# Synchronisation Photos iCloud bloqué sur Mac



## Cdreek (25 Juillet 2021)

Bonjour,

Je crée un nouveau post, parce que je ne pense pas avoir trouvé, malgré mes recherches, d'autre post qui traite du même sujet.

Je m'explique, je suis sur MacBook Pro et je suis sur MacOS Catalina 10.15.7. J'utilise Photos et iCloud Photos pour la synchronisation de mes photos faites avec l'iPhone sur mon Mac.

La synchronisation fonctionnait très bien jusqu'il y a quelques jours. Depuis, toutes les nouvelles photos sur l'iPhone, ou les modifications faites sur des photos déjà existantes ne se synchronisent plus sur le Mac.

La synchronisation se fait bien de l'iPhone vers iCloud Photos, mais cela coince au niveau de Photos sur Mac, qui semble ne pas pouvoir accéder à là bibliothèque iCloud et faire les mises à jour.
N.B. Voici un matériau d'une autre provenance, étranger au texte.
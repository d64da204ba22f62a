-- ===== src/Server/Persistence/Followers.antt =====
-- A follower list holds users, none twice, so it is no longer than there are users.
use inf.Server.Persistence
use inf.Base.{
  All, List, Option-cases, [], ap, arith, contains, eq_str, eq_ℕ, if◌then◌else◌, inl, inr, length,
  suc, total, total-bump, total-le, total-zero, ℕ, ◌+◌, ◌<◌, ◌∷◌, ◌≡◌, ◌≤◌,
}
use inf.Server.Connections.{eq_address}
use inf.Server.Persistence.{UserPersistence, get_followers}
use inf.Server.Persistence.Invariant.{All-mono, Distinct, IsUser, IsWellFormed}

abbrev member_of : List ℕ → ℕ → ℕ
member_of xs i = if contains i xs then 1 else 0

total-member :
    (n : ℕ) (xs : List ℕ) → Distinct xs → All (λ x. x < n) xs → total n (member_of xs) ≡ length xs
unfolding contains
total-member n [] d b = total-zero n
total-member n (x ∷ xs) d b = omega (
  arith,
  total-bump (member_of xs) (member_of (x ∷ xs)) x 1
      (λ j. ground (arith, d.0, ap (λ (k : ℕ). contains k xs))) n b.0,
  total-member n xs d.1 b.1,
)

Distinct-bound : (n : ℕ) (xs : List ℕ) → Distinct xs → All (λ x. x < n) xs → length xs ≤ n
Distinct-bound n xs d b =
    omega (arith, total-member n xs d b, total-le n (member_of xs) (λ i. ground arith))

module _ (p : UserPersistence) (v : IsWellFormed p) where
  pub followers-users : (u : ℕ) → All (IsUser p) (get_followers p u)
  unfolding get_followers
  followers-users u = elim (Option-cases (p.id_to_user u)) [
    | inl e ↦ rw (e, get_followers) tt
    | inr (d, e) ↦ ground (arith, v.data_ok u)
  ]

  pub followers-Distinct : (u : ℕ) → Distinct (get_followers p u)
  unfolding get_followers
  followers-Distinct u = elim (Option-cases (p.id_to_user u)) [
    | inl e ↦ rw (e, get_followers) tt
    | inr (d, e) ↦ ground (arith, v.data_ok u)
  ]

  pub user_bound : (w : ℕ) → IsUser p w → w < suc p.last_user_id
  user_bound w h = unfold Persistence.user_id_exists in ground (arith, v.data_ok w)

  -- With well-formed users, a user has at most as many followers as ids were given out, and one.
  pub length-followers : (u : ℕ) → length (get_followers p u) ≤ p.last_user_id + 1
  length-followers u = omega (
    arith,
    Distinct-bound (suc p.last_user_id) (get_followers p u) (followers-Distinct u)
        (All-mono (get_followers p u) user_bound (followers-users u)),
  )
J'ai, je pense, tout essayé. J'ai décoché l'option iCloud Photos dans les préférences de Photos, quitté, ré-ouvert l'app, réactivé l'option, et de nouveau redémarré Photos, rien. Je me suis déconnecté de mon compte iCloud, et je me suis reconnecté, toujours rien. J'ai même effectué une reconstruction de la phototèque via la procédure "Cmd+Alt+clic sur l'icone de l'app", toujours rien.

J'ai même fait les mises à jour sur le Mac, pas d'amélioration. De même après avoir fait un reset de la PRAM au démarrage du Mac.

Le truc, est, dans l'application Photos, l'app semble vouloir se connecter, et qui plus est depuis que je me suis déconnecté-reconnecté de mon compte iCloud, semble vouloir télécharger de nouveau la totalité de la bibliothèque iCloud. Mais c'est le nombre de photos qui me turlupine, la bibliothèque Photos sur le Mac contient 4554 photos, l'app indique le chargement de 4586 photos, alors que mon iPhone et iCloud Photos contiennent, eux, 4712 photos, ce qui prouve que ce n'est pas un problème entre l'iPhone et iCloud.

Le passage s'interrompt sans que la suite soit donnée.